**Your objective:**
When you reach the line with "object : Props F → Value F" in the listing below, transcribe it and each line after it up to and including the line with "unfoldable pub fnv1a_hex : List ℕ → JsString", exactly and with nothing else.

------ Provided records ------

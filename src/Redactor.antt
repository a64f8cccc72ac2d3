-- ===== src/Redactor.antt =====
-- packages/bare-probe/core/redactor.ts: what of a row may leave the device.
-- A value is a tree, so that the code's mark of a circular object does not occur. A number is an `F`, a
-- view of a buffer is a Uint8Array. The host's parts are parameters: `JSON.stringify`, the number of a
-- byte, and `new URL`, with the protocol and the host that it finds, or none where it throws.
pub mod Safe
pub mod Rows
pub mod Resolve
mod Tests
use bare_network_inspect.Base.{
  ℕ, zero, suc, ◌+◌, ◌≡◌, Bool, true, false, ◌&&◌, ◌||◌, Option, none, some, List, [], ◌∷◌, ◌++◌,
  length, ltb, ◌==◌, take, drop, ◌>>=◌, if◌then◌else◌, JsString, ascii, same, map_get, set_has,
}
use bare_network_inspect.Utf8.{utf8_encode}
use bare_network_inspect.Ulid.{to_base}
use bare_network_inspect.Hlc.{decimal}
use bare_network_inspect.Registry.{
  PeerRegistry, fnv_from, key_of, is_same, broadcast, handle_for, peer_from_handle,
}

mutual
  pub data Value (F : Type 0) : Type 0 where
    undefined : Value F
    null : Value F
    boolean : Bool → Value F
    number : F → Value F
    text : JsString → Value F
    bigint : (digits : JsString) → Value F
    function : Value F
    bytes : List ℕ → Value F
    array_buffer : List ℕ → Value F
    array : Values F → Value F
    object : Props F → Value F

  pub data Values (F : Type 0) : Type 0 where
    nil : Values F
    cons : Value F → Values F → Values F

  pub data Props (F : Type 0) : Type 0 where
    end : Props F
    field : JsString → Value F → Props F → Props F

abbrev pub Row : Type 0 → Type 0
Row F = List (JsString × Value F)

-- `fnv1aHex`: both halves in eight hexadecimal digits; the rounds are those of registry.ts.
unfoldable pub fnv1a_hex : List ℕ → JsString
fnv1a_hex bs =
    let h = fnv_from (0xcbf29ce4, 0x84222325) bs in
    key_of (to_base 256 4 h.0 (to_base 256 4 h.1 []))

-- `<=` of strings, by code units.
unfoldable pub text_le : JsString → JsString → Bool
text_le [] t = true
text_le (a ∷ s) [] = false
text_le (a ∷ s) (b ∷ t) =
    let rest = text_le s t in if ltb a b then true else if a == b then rest else false

module _ {F : Type 0} where
  -- The place of a key among sorted keys.
  unfoldable pub insert : JsString → Value F → Props F → Props F
  insert k v end = field k v end
  insert k v (field j w fs) =
      let rest = insert k v fs in if text_le k j then field k v (field j w fs) else field j w rest

  unfoldable pub count_values : Values F → ℕ
  count_values nil = 0
  count_values (cons v vs) = suc (count_values vs)

  -- A view's own properties: its indices.
  unfoldable pub indexed : (ℕ → F) → ℕ → List ℕ → Props F
  indexed of_byte i [] = end
  indexed of_byte i (b ∷ bs) = field (decimal i) (number (of_byte b)) (indexed of_byte (suc i) bs)

  module _ (of_byte : ℕ → F) where
    -- `sortDeep`, by the depth that is left of MAX_SORT_DEPTH.
    unfoldable mutual
      unfolding insert indexed

      pub sort_deep : ℕ → Value F → Value F
      sort_deep n undefined = undefined
      sort_deep n null = null
      sort_deep n (boolean b) = boolean b
      sort_deep n (number x) = number x
      sort_deep n (text s) = text s
      sort_deep n (bigint s) = text (ascii "[BigInt:" ++ s ++ ascii "]")
      sort_deep n function = text (ascii "[Function]")
      sort_deep zero (bytes bs) = text (ascii "[MaxDepth]")
      sort_deep (suc n) (bytes bs) = object (indexed of_byte 0 bs)
      sort_deep zero (array_buffer bs) = text (ascii "[MaxDepth]")
      sort_deep (suc n) (array_buffer bs) = object end
      sort_deep zero (array vs) = text (ascii "[MaxDepth]")
      sort_deep (suc n) (array vs) = array (sort_values n vs)
      sort_deep zero (object fs) = text (ascii "[MaxDepth]")
      sort_deep (suc n) (object fs) = object (sort_props n fs)

      pub sort_values : ℕ → Values F → Values F
      sort_values n nil = nil
      sort_values n (cons v vs) = cons (sort_deep n v) (sort_values n vs)

      pub sort_props : ℕ → Props F → Props F
      sort_props n end = end
      sort_props n (field k v fs) = insert k (sort_deep n v) (sort_props n fs)

    -- `toBytes`, with `stableStringify`.
    unfoldable pub to_bytes : (Value F → JsString) → Value F → List ℕ
    to_bytes stringify (bytes bs) = bs
    to_bytes stringify (array_buffer bs) = bs
    to_bytes stringify (text s) = utf8_encode s
    to_bytes stringify v = utf8_encode (stringify (sort_deep 32 v))

  abbrev pub sized : JsString → ℕ → Value F
  sized name n = text (name ++ (60 ∷ (decimal n ++ (62 ∷ []))))

  -- `summarizeShape`, by the depth that is left.
  unfoldable mutual
    unfolding count_values

    pub summarize_shape : ℕ → Value F → Value F
    summarize_shape n undefined = text (ascii "undefined")
    summarize_shape n null = text (ascii "null")
    summarize_shape n (boolean b) = text (ascii "boolean")
    summarize_shape n (number x) = text (ascii "number")
    summarize_shape n (text s) = text (ascii "string")
    summarize_shape n (bigint s) = text (ascii "bigint")
    summarize_shape n function = text (ascii "function")
    summarize_shape n (bytes bs) = sized (ascii "bytes") (length bs)
    summarize_shape n (array_buffer bs) = sized (ascii "bytes") (length bs)
    summarize_shape n (array vs) = sized (ascii "Array") (count_values vs)
    summarize_shape zero (object fs) = text (ascii "object")
    summarize_shape (suc n) (object fs) = object (shape_props n fs)

    pub shape_props : ℕ → Props F → Props F
    shape_props n end = end
    shape_props n (field k v fs) = field k (summarize_shape n v) (shape_props n fs)

pub record Redactor : Type 0 where
  pub body_allowlist : List JsString
  pub body_fields : List JsString
  pub ciphertext_fields : List JsString
  pub peer_fields : List JsString
  pub text_fields : List JsString
  pub url_fields : List JsString
  pub max_shape_depth : ℕ

-- The constructor's defaults, with an allowlist of methods.
abbrev pub default_redactor : List JsString → Redactor
default_redactor allowlist = record {
  body_allowlist = allowlist;
  body_fields =
      ascii "body"
      ∷ ascii "payload"
      ∷ ascii "data"
      ∷ ascii "args"
      ∷ ascii "response"
      ∷ ascii "item"
      ∷ [];
  ciphertext_fields = ascii "ciphertext" ∷ ascii "cipher" ∷ ascii "encrypted" ∷ ascii "enc" ∷ [];
  peer_fields = ascii "peerId" ∷ ascii "peer" ∷ ascii "src" ∷ ascii "dst" ∷ ascii "unanswered" ∷ [];
  text_fields = ascii "reason" ∷ ascii "error" ∷ [];
  url_fields = ascii "url" ∷ [];
  max_shape_depth = 4;
}

-- `allowsBody` of `row.method`.
unfoldable pub allows_body : {F : Type 0} → Redactor → Option (Value F) → Bool
allows_body r (some (text method)) = set_has same method r.body_allowlist
allows_body r v = false

unfoldable pub hash_peer : PeerRegistry → JsString → Option (PeerRegistry × JsString)
hash_peer reg peer =
    if is_same peer broadcast
    then some (reg, broadcast)
    else elim (handle_for reg peer) [ none ↦ none | some (reg', h) ↦ some (reg', ascii "ph_" ++ h) ]

-- `hashed.startsWith('ph_') ? hashed.slice(3) : hashed`.
unfoldable pub strip_prefix : JsString → JsString
strip_prefix hashed = if is_same (take 3 hashed) (ascii "ph_") then drop 3 hashed else hashed

unfoldable pub resolve_peer : PeerRegistry → JsString → Option JsString
resolve_peer reg hashed =
    if is_same hashed broadcast then some broadcast else peer_from_handle reg (strip_prefix hashed)

unfoldable pub hash_text : JsString → JsString
hash_text s = ascii "h_" ++ fnv1a_hex (utf8_encode s)

unfoldable pub redact_url : (JsString → Option (JsString × JsString)) → JsString → JsString
redact_url parse_url raw = elim (parse_url raw) [
  | none ↦ ascii "[unparseable-url-redacted]"
  | some (protocol, host) ↦ protocol ++ ascii "//" ++ host
]

-- The first of the lists that a key stands in decides; a URL or a free text is a string.
pub data FieldClass : Type 0 where
  ciphertext_field : FieldClass
  peer_field : FieldClass
  url_field : FieldClass
  text_field : FieldClass
  body_field : FieldClass
  open_field : FieldClass

unfoldable pub is_text : {F : Type 0} → Value F → Bool
is_text (text s) = true
is_text v = false

unfoldable pub is_undefined : {F : Type 0} → Value F → Bool
is_undefined undefined = true
is_undefined v = false

unfoldable pub class_of : {F : Type 0} → Redactor → JsString → Value F → FieldClass
class_of r key v =
    if set_has same key r.ciphertext_fields
    then ciphertext_field
    else if set_has same key r.peer_fields
    then peer_field
    else if set_has same key r.url_fields && is_text v
    then url_field
    else if set_has same key r.text_fields && is_text v
    then text_field
    else if set_has same key r.body_fields
    then body_field
    else open_field

module _ {F : Type 0} where
  unfoldable pub hash_value : Option (PeerRegistry × JsString) → Option (PeerRegistry × Value F)
  hash_value none = none
  hash_value (some (reg, s)) = some (reg, text s)

  -- `redactPeerValue`; `none` is the error of a collision.
  unfoldable mutual
    unfolding hash_value hash_peer

    pub redact_peer_value : PeerRegistry → Value F → Option (PeerRegistry × Value F)
    redact_peer_value reg (text p) = hash_value (hash_peer reg p)
    redact_peer_value reg (array vs) = elim (redact_peer_values reg vs) [
      | none ↦ none
      | some (reg', ws) ↦ some (reg', array ws)
    ]
    redact_peer_value reg v = some (reg, v)

    pub redact_peer_values : PeerRegistry → Values F → Option (PeerRegistry × Values F)
    redact_peer_values reg nil = some (reg, nil)
    redact_peer_values reg (cons v vs) = elim (redact_peer_value reg v) [
      | none ↦ none
      | some (reg', w) ↦ elim (redact_peer_values reg' vs) [
        | none ↦ none
        | some (reg'', ws) ↦ some (reg'', cons w ws)
      ]
    ]

  unfoldable pub redact_string : (JsString → JsString) → Value F → Value F
  redact_string f (text s) = text (f s)
  redact_string f v = v

  module _ (of_byte : ℕ → F) (of_length : ℕ → F) (stringify : Value F → JsString)
      (parse_url : JsString → Option (JsString × JsString)) where
    unfoldable pub summarize_body : Redactor → Value F → Value F
    summarize_body r v =
        let bs = to_bytes of_byte stringify v in
        object (
          field (ascii "byteLength") (number (of_length (length bs))) (
            field (ascii "hash") (text (fnv1a_hex bs))
              (field (ascii "shape") (summarize_shape r.max_shape_depth v) end)))

    unfoldable pub summarize_ciphertext : Value F → Value F
    summarize_ciphertext v =
        let bs = to_bytes of_byte stringify v in
        object (
          field (ascii "byteLength") (number (of_length (length bs))) (
            field (ascii "hash") (text (fnv1a_hex bs))
              (field (ascii "encrypted") (boolean true) end)))

    -- The value of a field, by its class.
    unfoldable pub redact_value :
        Redactor
        → (body_allowed : Bool) → FieldClass
        → PeerRegistry
        → Value F
        → Option (PeerRegistry × Value F)
    redact_value r allowed ciphertext_field reg v = some (reg, summarize_ciphertext v)
    redact_value r allowed peer_field reg v = redact_peer_value reg v
    redact_value r allowed url_field reg v = some (reg, redact_string (redact_url parse_url) v)
    redact_value r allowed text_field reg v = some (reg, redact_string hash_text v)
    redact_value r allowed body_field reg v = some (reg, if allowed then v else summarize_body r v)
    redact_value r allowed open_field reg v = some (reg, v)

    -- `out[key] = ...`, and the fields behind it.
    unfoldable pub keep_field :
        JsString
        → Option (PeerRegistry × Value F)
        → (PeerRegistry → Option (PeerRegistry × Row F))
        → Option (PeerRegistry × Row F)
    keep_field key none rest = none
    keep_field key (some (reg', w)) rest = do (reg'', out) ← rest reg'; some (reg'', (key, w) ∷ out)

    -- The loop of `redact`; a field that is undefined is left out.
    unfoldable pub redact_fields :
        Redactor → Bool → PeerRegistry → Row F → Option (PeerRegistry × Row F)
    redact_fields r allowed reg [] = some (reg, [])
    redact_fields r allowed reg ((key, v) ∷ row) =
        if is_undefined v
        then redact_fields r allowed reg row
        else keep_field key (redact_value r allowed (class_of r key v) reg v)
            (λ reg'. redact_fields r allowed reg' row)

    unfoldable pub redact : Redactor → PeerRegistry → Row F → Option (PeerRegistry × Row F)
    redact r reg row = redact_fields r (allows_body r (map_get same (ascii "method") row)) reg row

    unfoldable pub redact_batch :
        Redactor → PeerRegistry → List (Row F) → Option (PeerRegistry × List (Row F))
    redact_batch r reg [] = some (reg, [])
    redact_batch r reg (row ∷ batch) = do
      (reg', out) ← redact r reg row
      (reg'', outs) ← redact_batch r reg' batch
      some (reg'', out ∷ outs)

------

**Problem solution:**
    object : Props F → Value F

  pub data Values (F : Type 0) : Type 0 where
    nil : Values F
    cons : Value F → Values F → Values F

  pub data Props (F : Type 0) : Type 0 where
    end : Props F
    field : JsString → Value F → Props F → Props F

abbrev pub Row : Type 0 → Type 0
Row F = List (JsString × Value F)

-- `fnv1aHex`: both halves in eight hexadecimal digits; the rounds are those of registry.ts.
unfoldable pub fnv1a_hex : List ℕ → JsString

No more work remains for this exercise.